Ex Numerus: August 2011

Thursday, August 4, 2011

Random Notes: Validation of models vs physical systems when controls are developed independently

Problem Statement

How do you validate a model of a system against a physical system when a controller is necessary to make the system operate and the the operational policies of the controllers were developed independently.

Discussion

Consider a development process with a well defined operation cost model which drives both the model and physical system to optimization that operations cost. If the model uses full state feedback for control and the physical system uses either full state feedback or implements output feedback with state estimators and relies on certainty equivalence, there is no guarantee that under identical test conditions the trajectories of the cost and the trajectories of the states will be identical even if both system are optimal with respect to the operational costs. This is because optimal operational costs are unique, but there are no guarantees that optimal tratectories are unique. Furthermore, if the controls in both cases are not globally optimal, by only near optimal, then likelihood of non-unique trajectories is even more likely. However, because the operational costs can be unique, the validation exercise can be decomposed into two validation steps.

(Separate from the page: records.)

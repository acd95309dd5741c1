-- ===== src/FileHeader.antt =====
-- filesys/filehdr.h and filesys/filehdr.cc: the header of a file, a fixed table of the sectors that
-- hold its data. The disk is not part of this module: reading and writing a header is not modelled.
pub mod Sectors
pub mod Allocation
pub mod Deallocation
use nach_osx.Prelude.{
  ◌>>=◌, ◌>>◌, ltb, if◌then◌else◌, length, get_or, set, ℤ, minus_one, Outcome, ok, check, bounds, ℕ,
  zero, suc, ◌+◌, ◌-◌, ◌*◌, ◌/◌, Bool, true, false, List,
}
use nach_osx.BitMap.{BitMap, div_round_up, clear, test, find, num_clear}

-- machine/disk.h
abbrev pub sector_size : ℕ
sector_size = 128

-- NumDirect: two of the 32 words of a sector are the two sizes.
abbrev pub num_direct : ℕ
num_direct = (sector_size - 2 * 4) / 4

pub record FileHeader : Type 0 where
  pub num_bytes : ℕ
  pub num_sectors : ℕ
  pub data_sectors : List ℤ

-- dataSectors[i], inside the array only.
get_sector : FileHeader → ℕ → Outcome ℤ
get_sector h i = do bounds (ltb i (length h.data_sectors)); ok (get_or h.data_sectors i minus_one)

put_sector : FileHeader → ℕ → ℤ → Outcome FileHeader
put_sector h i s = do
  bounds (ltb i (length h.data_sectors))
  ok (record h { data_sectors = set h.data_sectors i s })

allocate_loop : ℕ → ℕ → FileHeader → BitMap → Outcome (FileHeader × BitMap)
allocate_loop zero i h free_map = ok (h, free_map)
allocate_loop (suc n) i h free_map = do
  (s, free_map') ← find free_map
  h' ← put_sector h i s
  allocate_loop n (i + 1) h' free_map'

unfoldable pub allocate : FileHeader → BitMap → ℕ → Outcome (Bool × FileHeader × BitMap)
unfolding allocate_loop put_sector
allocate h free_map file_size = do
  let sectors = div_round_up file_size sector_size
  let h' = record h { num_bytes = file_size; num_sectors = sectors }
  free ← num_clear free_map
  if ltb free sectors
      then ok (false, h', free_map)
      else do (h'', free_map') ← allocate_loop sectors 0 h' free_map; ok (true, h'', free_map')

deallocate_loop : ℕ → ℕ → FileHeader → BitMap → Outcome BitMap
deallocate_loop zero i h free_map = ok free_map
deallocate_loop (suc n) i h free_map = do
  s ← get_sector h i
  used ← test free_map s
  check used
  free_map' ← clear free_map s
  deallocate_loop n (i + 1) h free_map'

pub deallocate : FileHeader → BitMap → Outcome BitMap
unfolding deallocate_loop get_sector
deallocate h free_map = deallocate_loop h.num_sectors 0 h free_map

pub byte_to_sector : FileHeader → ℕ → Outcome ℤ
unfolding get_sector
byte_to_sector h offset = get_sector h (offset / sector_size)

abbrev pub file_length : FileHeader → ℕ
file_length h = h.num_bytes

First, the equations which model the physics can be validated against test data on the physical system by measuring the states in the real system, then substituting the integrator in the model with the state measurements. Ideally, the physical system could execute both policies. The error in costs, and derivative calculations can be compared to quantify the error between the model of the physics and the real physics.

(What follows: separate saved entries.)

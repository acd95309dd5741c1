-- ===== src/Translate.antt =====
-- machine/translate.h and `Machine::Translate` of machine/translate.cc: from virtual to physical
-- addresses, in a kernel built without VM. An unsigned int is a word.
pub mod Entries
pub mod Translation
pub mod Repeated
use nach_osx.Words.{word_size, bit_and-one}
use nach_osx.FileHeader.{sector_size}
use Prim.Native.Nat.{bit_and, bit_or}
use nach_osx.Prelude.{
  ltb, leb, ◌==◌, if◌then◌else◌, length, get_or, set, Outcome, ok, abort, ◌>>=◌, ◌>>◌, check,
  bounds, ℕ, zero, suc, ◌+◌, ◌-◌, ◌*◌, ◌/◌, ◌%◌, Bool, true, false, not, ◌&&◌, ◌||◌, Option, none,
  some, List,
}

-- machine/machine.h
abbrev pub page_size : ℕ
page_size = sector_size

abbrev pub num_phys_pages : ℕ
num_phys_pages = 32

abbrev pub memory_size : ℕ
memory_size = num_phys_pages * page_size

abbrev pub tlb_size : ℕ
tlb_size = 4

pub data ExceptionType : Type 0 where
  no_exception : ExceptionType
  syscall_exception : ExceptionType
  page_fault_exception : ExceptionType
  read_only_exception : ExceptionType
  bus_error_exception : ExceptionType
  address_error_exception : ExceptionType
  overflow_exception : ExceptionType
  illegal_instr_exception : ExceptionType

pub record TranslationEntry : Type 0 where
  pub virtual_page : ℕ
  pub physical_page : ℕ
  pub valid : Bool
  pub read_only : Bool
  pub use_bit : Bool
  pub dirty : Bool

-- The memory of a Machine; `none` is a NULL pointer.
pub record Machine : Type 0 where
  pub main_memory : List ℕ
  pub tlb : Option (List TranslationEntry)
  pub page_table : Option (List TranslationEntry)
  pub page_table_size : ℕ

abbrev pub no_entry : TranslationEntry
no_entry = record {
  virtual_page = 0;
  physical_page = 0;
  valid = false;
  read_only = false;
  use_bit = false;
  dirty = false;
}

-- The table that is there, the index of the entry in it, or the exception.
pub data Located : Type 0 where
  fault : ExceptionType → Located
  in_page_table : ℕ → Located
  in_tlb : ℕ → Located

pub find_in_tlb : ℕ → ℕ → List TranslationEntry → ℕ → Outcome Located
find_in_tlb zero i entries vpn = ok (fault page_fault_exception)
find_in_tlb (suc n) i entries vpn =
    let rest = find_in_tlb n (i + 1) entries vpn in
    do
      bounds (ltb i (length entries))
      let e = get_or entries i no_entry
      if e.valid && (e.virtual_page == vpn) then ok (in_tlb i) else rest

pub find_in_page_table : List TranslationEntry → ℕ → ℕ → Outcome Located
find_in_page_table entries size vpn =
    if leb size vpn then ok (fault address_error_exception) else do
      bounds (ltb vpn (length entries))
      if not (get_or entries vpn no_entry).valid
          then ok (fault page_fault_exception)
          else ok (in_page_table vpn)

-- The two ASSERTs, and the search of the table that is there.
pub locate :
    Option (List TranslationEntry) → Option (List TranslationEntry) → ℕ → ℕ → Outcome Located
unfolding find_in_tlb find_in_page_table
locate none none size vpn = abort
locate (some entries) (some pages) size vpn = abort
locate none (some pages) size vpn = find_in_page_table pages size vpn
locate (some entries) none size vpn = find_in_tlb tlb_size 0 entries vpn

-- The use and the dirty bit.
abbrev pub touched : TranslationEntry → Bool → TranslationEntry
touched e writing = record e { use_bit = true; dirty = if writing then true else e.dirty }

-- The part behind the search: the exception, or the physical address and the new entry.
pub use_entry : TranslationEntry → ℕ → ℕ → Bool → Outcome (ExceptionType × ℕ × TranslationEntry)
use_entry e offset size writing =
    if e.read_only && writing
    then ok (read_only_exception, 0, e)
    else if leb num_phys_pages e.physical_page
    then ok (bus_error_exception, 0, e)
    else do
      let address = e.physical_page * page_size + offset
      check (leb (address + size) memory_size)
      ok (no_exception, address, touched e writing)

abbrev pub set_entry :
    Option (List TranslationEntry) → ℕ → TranslationEntry → Option (List TranslationEntry)
set_entry none i e = none
set_entry (some entries) i e = some (set entries i e)

abbrev pub entry_of : Option (List TranslationEntry) → ℕ → TranslationEntry
entry_of none i = no_entry
entry_of (some entries) i = get_or entries i no_entry

pub translate_located : Machine → Located → ℕ → ℕ → Bool → Outcome (ExceptionType × ℕ × Machine)
unfolding use_entry
translate_located m (fault e) offset size writing = ok (e, 0, m)
translate_located m (in_page_table i) offset size writing = do
  (exception, address, e) ← use_entry (entry_of m.page_table i) offset size writing
  ok (exception, address, record m { page_table = set_entry m.page_table i e })
translate_located m (in_tlb i) offset size writing = do
  (exception, address, e) ← use_entry (entry_of m.tlb i) offset size writing
  ok (exception, address, record m { tlb = set_entry m.tlb i e })

-- (size == 4 && (virtAddr & 0x3)) || (size == 2 && (virtAddr & 0x1))
abbrev pub misaligned : ℕ → ℕ → Bool
misaligned address size =
    (size == 4) && not (bit_and address 3 == 0) || (size == 2) && not (bit_and address 1 == 0)

-- The exception and, for NoException, the physical address.
unfoldable pub translate : Machine → ℕ → ℕ → Bool → Outcome (ExceptionType × ℕ × Machine)
unfolding locate translate_located
translate m address size writing =
    if misaligned address size then ok (address_error_exception, 0, m) else do
      place ← locate m.tlb m.page_table m.page_table_size (address / page_size)
      translate_located m place (address % page_size) size writing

Second, once the errors in the model of the physics are quantified, the error in the costs under the different controllers can be quantified. Ideally, from this step, the optimality of the controls wrt to a globally optimal controller (or minimizing controller) can be established. Once interesting possibility is to use policy improvement to see if the independently developed policies can merged for better performance. Alternatively, if there are unexplained differences, then the constraints respected by the different policies need to be reconciled. Things like robustness may also contribute to differences. Robustness will in general be a driven by different view of noise and risk sensitivity. Following on that, there is the possibility that the equation structure in the different policies lead to different performance limitations. Again, policy improvement may provide a way to identify these structure imposed limitations.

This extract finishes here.